- Work order -
Locate the word "Bool" in the data below, then copy every line that holds it.

(Saved data entries)
-- ===== src/Cluster/Pull.antt =====
-- src/agent/agent.cc, Pull, and src/server/server.cc, ServePull: the requests of an agent at the
-- servers that they go to, and the answers.
use plug_in_ml.Base.{
  ℕ, ◌≤◌, ◌≡◌, refl, sym, ap, ap₂, ◌∙◌, Bool, true, false, ◌||◌, ◌≤ℤ◌, contains, Option, some, List,
  [], ◌∷◌, ◌++◌, ℤ, get_elem?, length, All, Distinct, arith,
}
use mathlib.Core.Path.{subst}
use mathlib.Core.List.{Permᴰ}
use mathlib.Core.List.Permᴰ
use plug_in_ml.Floats.{FloatOps}
use plug_in_ml.Message.{Addr, Message, ConfigMessage}
use plug_in_ml.Communicator.{send}
use plug_in_ml.Partition.Owner.{IsPartition, InRange, part}
use plug_in_ml.Agent.State.{Agent, ShmStruct, used_keys}
use plug_in_ml.Agent.Push.{slice}
use plug_in_ml.Agent.Pull.{pull}
use plug_in_ml.Agent.Blocks.{slice_split, slice-same, slice-zero}
use plug_in_ml.Agent.Deliver.{used_values}
use plug_in_ml.Agent.Sort.Sorted.{zip}
use plug_in_ml.Agent.Collect.{reply_keys}
use plug_in_ml.Agent.Requests.{
  Requests, finished, run, receivers, pull_message, insert_all, Requests-Distinct,
  contains-insert_all,
}
use plug_in_ml.Agent.Arrivals.{
  Answer, answer_message, bodies, senders, arriving, IsComplete, IsComplete-perm, length-bodies,
  All-bodies, All-perm, length-perm, reply_keys-perm,
}
use plug_in_ml.Agent.Pulled.{
  IsAsked, sorted_keys, length-used_sorted, length-sorted, used_keys-IsSorted, used_keys-All,
  used_sorted-perm, request_loop-sorted, pull-bodies,
}
use plug_in_ml.Server.State.{Server}
use plug_in_ml.Server.Handle.{handle}
use plug_in_ml.Server.Range.{IsSpread}
use plug_in_ml.Cluster.Source.{IsSource, IsHeld, Run-answer}

or_none : (b : Bool) → (b || false) ≡ b
or_none true = refl
or_none false = refl

module _ {F : Type 0} ⦃ops : FloatOps F⦄ where
  -- Each request at the server that it goes to: the server handles it, changes nothing, and sends
  -- the agent one message, its answer.
  pub data Answered (zmq_close : Addr → ℤ) (cluster : ℤ → Server F) (local_id : ℤ)
      : List (ℤ × Message F) → List (Answer F) → Type 0 where
    none_left : Answered zmq_close cluster local_id [] []
    answered :
        (dst : ℤ) (msg : Message F) (rest : List (ℤ × Message F)) (a : Answer F)
        (answers : List (Answer F))
        → a.server_id ≡ dst
        → handle zmq_close (cluster dst) msg
          ≡ some (record (cluster dst) {
            sender = send local_id (answer_message local_id a) (cluster dst).sender;
          })
        → Answered zmq_close cluster local_id rest answers
        → Answered zmq_close cluster local_id ((dst, msg) ∷ rest) (a ∷ answers)

  Requests-Answered :
      (zmq_close : Addr → ℤ) (config : ConfigMessage) (agent : Agent F) (cluster : ℤ → Server F)
      (d : ShmStruct F) (start : ℕ) (messages : List (ℤ × Message F))
      → IsSpread config
      → agent.partition.part_vec ≡ config.partition
      → ((i : ℕ) (dst : ℤ)
          → get_elem? agent.server_ids i ≡ some dst
          → IsSource config agent i dst (cluster dst))
      → d.size ≤ length d.keys
      → All (InRange config.key_range) (used_keys d)
      → Requests agent.partition agent.server_ids agent.local_id d start messages
      → (answers : List (Answer F)) × Answered zmq_close cluster agent.local_id messages answers
        × (senders answers ≡ receivers messages)
        × (reply_keys (bodies answers) ≡ slice start d.size d.keys)
        × All (λ a. All (IsHeld cluster agent) (zip a.keys a.values)) answers
        × (start ≤ d.size)
  unfolding senders receivers reply_keys bodies
  Requests-Answered zmq_close config agent cluster d start [] c cut sources fits ranged
        (finished _ e) =
      ([], none_left, refl, sym (slice-same start d.size d.keys e), tt, omega arith)
  Requests-Answered zmq_close config agent cluster d start _ c cut sources fits ranged
        (run _ stop i dst rest r id more) =
      let a =
        Run-answer zmq_close config agent cluster d start stop i dst c cut (sources i dst id) id
          fits ranged r in
      let later =
        Requests-Answered zmq_close config agent cluster d stop rest c cut sources fits ranged
          more in
      (
        a.0 ∷ later.0,
        answered dst (pull_message agent.local_id d start stop dst) rest a.0 later.0 a.1 a.3
            later.1,
        ap₂ ◌∷◌ a.1 later.2,
        ap₂ (λ x y. x ++ y) a.2 later.3
            ∙ sym (slice_split start stop d.size d.keys (omega (arith, r.progress)) later.5),
        (a.4, later.4),
        omega (arith, r.progress, later.5),
      )

  asked-IsComplete :
      (ids : List ℤ) (answers : List (Answer F))
      → senders answers ≡ ids
      → Distinct ids
      → IsComplete (insert_all ids []) answers
  unfolding contains
  asked-IsComplete ids answers same once = record {
    once = subst Distinct (sym same) once;
    same =
        λ x. contains-insert_all x ids [] ∙ or_none (contains x ids) ∙ ap (contains x) (sym same);
  }

  -- An agent's `Pull`, with the configuration that the servers have too, no id of a server twice, and
  -- keys of the key range from the first element of the partition on; at each place of the list a
  -- server with its parameters that has fewer than `bound` updates of this agent waiting. `Pull`
  -- sends requests that the servers answer at once, none of them twice; whatever order the answers
  -- arrive in, `Pull` ends, and the parameters in use are then the keys that were asked for, each as
  -- often as it was, in some order, and beside each key the value that the server which holds it has.
  pub pull-Answered :
      (zmq_close : Addr → ℤ) (config : ConfigMessage) (agent : Agent F) (cluster : ℤ → Server F)
      (arrange : List (Answer F) → List (Answer F))
      → IsSpread config
      → IsPartition agent.partition
      → agent.partition.part_vec ≡ config.partition
      → agent.partition.key_range ≡ config.key_range
      → length agent.server_ids ≡ agent.partition.server_num
      → Distinct agent.server_ids
      → IsAsked agent
      → ((i : ℕ) (dst : ℤ)
          → get_elem? agent.server_ids i ≡ some dst
          → IsSource config agent i dst (cluster dst))
      → ((answers : List (Answer F)) → Permᴰ (arrange answers) answers)
      → (agent' : Agent F) × (rest : List (Option (Message F))) × (messages : List (ℤ × Message F))
        × (answers : List (Answer F)) × (pull agent (arriving agent.local_id (arrange answers))
            ≡ some (some agent', rest))
        × (agent'.sender.sent ≡ agent.sender.sent ++ messages)
        × Answered zmq_close cluster agent.local_id messages answers
        × Permᴰ (used_keys agent'.parameters) (used_keys agent.parameters)
        × (length (used_values agent'.parameters) ≡ length (used_keys agent'.parameters))
        × All
            (IsHeld cluster agent)
            (zip (used_keys agent'.parameters) (used_values agent'.parameters))
  pull-Answered zmq_close config agent cluster arrange c v cut range ids once asked sources
        arranged =
      let d = sorted_keys agent in
      let sends = request_loop-sorted agent v ids asked in
      let messages = sends.0 in
      let ranged = subst (λ n. All (InRange n) (used_keys agent.parameters)) range asked.ranged in
      let got =
        Requests-Answered zmq_close config agent cluster d 0 messages c cut sources
          (omega (arith, length-sorted agent asked, asked.some_keys))
          (used_keys-All (InRange config.key_range) agent asked ranged) sends.2 in
      let answers = got.0 in
      let order = arranged answers in
      let all_keys : reply_keys (bodies answers) ≡ used_keys d = got.3 ∙ slice-zero d.size d.keys in
      let no_twice =
        Requests-Distinct agent.partition agent.server_ids agent.local_id d v
          (used_keys-IsSorted agent asked)
          (used_keys-All (λ k. part agent.partition.part_vec 0 ≤ℤ k) agent asked asked.none_before)
          once 0 messages sends.2 in
      let asked_servers = asked-IsComplete (receivers messages) answers got.2 no_twice in
      let keys_perm = reply_keys-perm order in
      let pulled =
        pull-bodies agent messages (arrange answers) asked sends.1
          (IsComplete-perm (insert_all (receivers messages) []) order asked_servers)
          (omega
            (arith, length-perm keys_perm, ap length all_keys, length-used_sorted agent asked)) in
      let same_keys = pulled.4 in
      let same_values = pulled.5 in
      (
        pulled.0,
        pulled.1,
        messages,
        answers,
        pulled.2,
        pulled.3,
        got.1,
        rw same_keys (Permᴰ.trans keys_perm (rw all_keys (used_sorted-perm agent asked))),
        rw (same_keys, same_values) (length-bodies (arrange answers)),
        rw (same_keys, same_values)
            (All-bodies (IsHeld cluster agent) (arrange answers) (
              All-perm (λ a. All (IsHeld cluster agent) (zip a.keys a.values)) (Permᴰ.symm order)
                got.4)),
      )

- Response to the exercise -
  ℕ, ◌≤◌, ◌≡◌, refl, sym, ap, ap₂, ◌∙◌, Bool, true, false, ◌||◌, ◌≤ℤ◌, contains, Option, some, List,
or_none : (b : Bool) → (b || false) ≡ b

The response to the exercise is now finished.